# Required action
Where does the word "epochs" show up in the records? Copy every line that holds it.

# Dataset records

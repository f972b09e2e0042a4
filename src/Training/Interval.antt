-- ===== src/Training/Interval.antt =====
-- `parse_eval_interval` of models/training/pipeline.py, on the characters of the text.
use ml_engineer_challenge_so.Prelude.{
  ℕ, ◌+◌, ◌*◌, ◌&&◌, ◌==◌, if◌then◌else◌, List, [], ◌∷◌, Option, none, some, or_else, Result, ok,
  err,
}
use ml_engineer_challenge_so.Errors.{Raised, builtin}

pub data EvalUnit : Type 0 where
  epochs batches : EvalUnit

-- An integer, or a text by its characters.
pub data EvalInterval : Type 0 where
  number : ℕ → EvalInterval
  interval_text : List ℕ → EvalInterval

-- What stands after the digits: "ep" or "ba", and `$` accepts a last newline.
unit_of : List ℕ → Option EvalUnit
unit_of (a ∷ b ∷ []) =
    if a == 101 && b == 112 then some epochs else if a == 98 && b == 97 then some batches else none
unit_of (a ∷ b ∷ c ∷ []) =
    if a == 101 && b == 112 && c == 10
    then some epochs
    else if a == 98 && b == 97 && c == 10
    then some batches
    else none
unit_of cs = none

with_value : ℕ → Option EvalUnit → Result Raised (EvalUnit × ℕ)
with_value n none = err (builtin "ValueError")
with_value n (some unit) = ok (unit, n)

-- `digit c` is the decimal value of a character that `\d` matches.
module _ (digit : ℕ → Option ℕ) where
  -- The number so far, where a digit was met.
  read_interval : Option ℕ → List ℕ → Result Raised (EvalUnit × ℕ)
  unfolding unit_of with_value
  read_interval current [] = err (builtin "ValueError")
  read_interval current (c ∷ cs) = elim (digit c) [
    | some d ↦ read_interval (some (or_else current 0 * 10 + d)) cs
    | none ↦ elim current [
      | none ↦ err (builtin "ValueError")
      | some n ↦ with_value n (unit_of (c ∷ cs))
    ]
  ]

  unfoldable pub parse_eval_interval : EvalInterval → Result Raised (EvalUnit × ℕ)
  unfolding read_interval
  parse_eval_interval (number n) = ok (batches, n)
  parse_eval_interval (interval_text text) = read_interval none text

# The completed task
  epochs batches : EvalUnit
    if a == 101 && b == 112 then some epochs else if a == 98 && b == 97 then some batches else none
    then some epochs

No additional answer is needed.